What's the difference between nn.ReLU() and nn.ReLU(inplace=True)?

I implemented generative adversarial network using both nn.ReLU() and nn.ReLU(inplace=True). It seems that nn.ReLU(inplace=True) saved very small amount of memory.

What’s the purpose of the using inplace=True?
Is the behavior different in backpropagation?

31 Likes

inplace=True means that it will modify the input directly, without allocating any additional output. It can sometimes slightly decrease the memory usage, but may not always be a valid operation (because the original input is destroyed). However, if you don’t see an error, it means that your use case is valid.

74 Likes

In this http://pytorch.org/docs/master/notes/autograd.html#in-place-operations-on-variables document, in place operation is not encouraged. But why did most official example in torchvision (e.g. Resnet) use nn.ReLU(inplace=True).

Also, does
x = self.conv1(x)
x = self.conv2(x)
be considered as in place operation (as they use the same variable name) or not?

6 Likes

x = self.conv1(x)
x = self.conv2(x)

is not an in place operation, because you use the same variable name, but it’s not the same variable underneath. You just point your x name to a new variable, the old one is still in memory (because it’s referenced by the pytorch graph)

13 Likes

Thanks! It makes sense!
But as inplace operation is not encouraged, why most official examples use nn.ReLU(inplace=True)?

7 Likes

I’m a newbie of pytorch. So I wonder whether nn.ReLI(inplace=True) would do harm to backprop? And what about F.ReLU(inplace)?

6 Likes

That’s a good question! I think that this was an initial limitation based on the PyTorch (whitepaper) manuscript on arxiv. But based on what I’ve seen (e.g., by @soumith https://gist.github.com/soumith/71995cecc5b99cda38106ad64503cee3) it seems that inplace ops like nn.ReLU(inplace=True) are supported in the autodiff engine now. Not sure, but I guess the same should be true for the functional one as it is referencing the nn. one.

5 Likes

@cdancette In that case, the relu(inplace=True) in vision/resnet.py is actually not inplace since it is used with x = relu(x) in forward()?

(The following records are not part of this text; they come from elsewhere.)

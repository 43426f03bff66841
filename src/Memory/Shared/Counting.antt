-- ===== src/Memory/Shared/Counting.antt =====
-- The reference counts of shared buffers: every method keeps each count equal to the number of
-- variables that hold the block, and a block lives as long as a variable holds it.
use mathlib.Core.Path.{fun_ext}
use pipeline_tools.Prelude.{
  ℕ, zero, suc, ◌+◌, ◌^◌, ◌≤◌, ◌<◌, ◌≡◌, ◌≢◌, refl, ap, Option, none, some, arith, ◌==◌,
  if◌then◌else◌, Option-cases, inl, inr,
}
use pipeline_tools.Prelude.Store.{update, tally, tally-update, tally-one, tally-update_two}
use pipeline_tools.Prelude.Outcome.{Returns}
use pipeline_tools.Memory.Shared.{
  after_drop, ControlBlock, State, set_ctrl, steal, add_ref, after_drop, release_ctrl, swap,
}

abbrev pub points : ℕ → Option ℕ → ℕ
points a none = 0
points a (some c) = if c == a then 1 else 0

abbrev pub ref_of : Option ControlBlock → ℕ
ref_of none = 0
ref_of (some b) = b.ref

abbrev pub live : Option ControlBlock → ℕ
live none = 1
live (some b) = b.ref

-- The handles on the block at `a`: the first `n` variables, and a local one, `held`.
abbrev pub handles : ℕ → ℕ → Option ℕ → State → ℕ
handles n a held s = tally n (points a) s.ctrl + points a held

-- Each count is the number of handles, and no block has a count of zero.
pub record CountsAt (n : ℕ) (held : Option ℕ) (s : State) (a : ℕ) : Type 0 where
  pub counted : ref_of (s.heap a) ≡ handles n a held s
  pub alive : 0 < live (s.heap a)

abbrev pub Counts : ℕ → Option ℕ → State → Type 0
Counts n held s = (a : ℕ) → CountsAt n held s a

module _ (n : ℕ) (small : n + 1 < 2 ^ 64) where
  pub tally-points : (k a : ℕ) (c : ℕ → Option ℕ) → tally k (points a) c ≤ k
  unfolding tally
  tally-points zero a c = omega arith
  tally-points (suc k) a c = ground (arith, tally-points k a c)

  -- `fetch_add` through a handle that a variable has gives a local handle.
  pub add_ref-Counts :
      (j : ℕ) (s : State)
      → j < n
      → Counts n none s
      → Returns (λ _ t. Counts n (s.ctrl j) t × (t.ctrl ≡ s.ctrl)) (add_ref (s.ctrl j) s)
  unfolding add_ref update
  add_ref-Counts j s h w = elim (Option-cases (s.ctrl j)) [
    | inl e ↦ rw e (w, refl)
    | inr (c, e) ↦ elim (Option-cases (s.heap c)) [
      | inl dead ↦ absurd (ground (arith, w c, tally-one n j (points c) s.ctrl h))
      | inr (b, found) ↦
          rw (e, add_ref, found)
            (λ a. ground (arith, w a, w c, tally-points n a s.ctrl, tally-points n c s.ctrl), refl)
    ]
  ]

  after_drop-at :
      (c : ℕ) (b : ControlBlock) (s : State) (a : ℕ)
      → s.heap c ≡ some b
      → 0 < b.ref
      → b.ref < 2 ^ 64
      → let t = after_drop c b s in
        (ref_of (t.heap a) + points a (some c) ≡ ref_of (s.heap a))
        × (0 < live (s.heap a) → 0 < live (t.heap a))
        × (t.ctrl ≡ s.ctrl)
  unfolding after_drop update
  after_drop-at c b s a found pos fits = (ground arith, λ l. ground arith, ground arith)

  -- `release_ctrl` gives up one handle, and leaves the variable empty.
  pub release_ctrl-Counts :
      (held : Option ℕ) (i : ℕ) (s : State)
      → i < n
      → Counts n held s
      → Returns (λ _ t. Counts n held t × (t.ctrl ≡ update s.ctrl i none)) (release_ctrl i s)
  unfolding release_ctrl
  release_ctrl-Counts held i s h w = elim (Option-cases (s.ctrl i)) [
    | inl e ↦ rw (e, release_ctrl) (w, fun_ext (λ k. unfold update in ground arith))
    | inr (c, e) ↦ elim (Option-cases (s.heap c)) [
      | inl dead ↦ absurd (ground (arith, w c, tally-one n i (points c) s.ctrl h))
      | inr (b, found) ↦
          let bound = tally-points n c s.ctrl in
          let pos : 0 < b.ref = ground (arith, w c) in
          let fits : b.ref < 2 ^ 64 = ground (arith, w c, bound) in
          let drop = λ (a : ℕ). after_drop-at c b s a found pos fits in
          rw (e, release_ctrl, found)
            (
              λ a. record {
                counted = rw ((drop a).2) (
                    omega (
                      arith,
                      (drop a).0,
                      (w a).counted,
                      tally-update n i (points a) s.ctrl none h,
                      ap (points a) e,
                    ));
                alive = (drop a).1 (w a).alive;
              },
              rw ((drop c).2),
            )
    ]
  ]

  -- The local handle goes into an empty variable.
  pub place-Counts :
      (held : Option ℕ) (i : ℕ) (s : State)
      → i < n
      → s.ctrl i ≡ none
      → Counts n held s
      → Counts n none (set_ctrl i held s)
  place-Counts held i s h e w a = ground (arith, w a, tally-update n i (points a) s.ctrl held h)

  pub swap-Counts :
      (i j : ℕ) (s : State)
      → i < n
      → j < n
      → Counts n none s
      → Returns (λ _ t. Counts n none t) (swap i j s)
  unfolding swap update
  swap-Counts i j s hi hj w a =
      let c = s.ctrl in
      let same : update c i (c j) j ≡ c j = ground arith in
      ground (arith, w a, tally-update_two n i j (points a) c (c j) (c i) same hi hj)

  pub steal-Counts :
      (i j : ℕ) (s : State)
      → i < n
      → j < n
      → i ≢ j
      → s.ctrl i ≡ none
      → Counts n none s
      → Counts n none (steal i j s)
  unfolding update
  steal-Counts i j s hi hj apart e w a =
      let c = s.ctrl in
      let same : update c i (c j) j ≡ c j = ground arith in
      ground (arith, w a, tally-update_two n i j (points a) c (c j) none same hi hj)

For relu, when input is negative, both the grad and output should be zero, grads should stop propagating from there, so inplace doesn’t hurt anything while saves memory.

10 Likes

Is this an in-place operation?

b = torch.tensor(5)
y = torch.sigmoid_(torch.tensor(4)) & y = torch.sigmoid(b)

Thanks!

Even if you use x = relu(x), it is still inplace, reassining x to the output of relu(x) does nothing here.

You can check :after relu(x) and x = relu(x), x has the same value in both cases.

torch.sigmoid_ is an inplace operation

torch.sigmoid is not.

You can check on pytorch:

>>> a = torch.tensor(1.0)
>>> torch.sigmoid(a)
tensor(0.7311)
>>> print(a)
tensor(1.0)
>>> a = torch.tensor(1.0)
>>> torch.sigmoid_(a)
tensor(0.7311)
>>> print(a)
tensor(0.7311)

In the first case, a still has its original value, while in the second case, a is different.

5 Likes

In case y = F.relu(x, inplace=True), it won’t hurt anything if value of x should always be positive in your computational graph. However, some other node that shares x as input while it requires x has both positive and negative value, then your network may malfunction.

For example, in the following situation,

y = F.relu(x, inplace=True) (1)
z = network(x) (2)

If (1) is declared first and execuated first, then value of x is changed, then z may have incorrect expected value.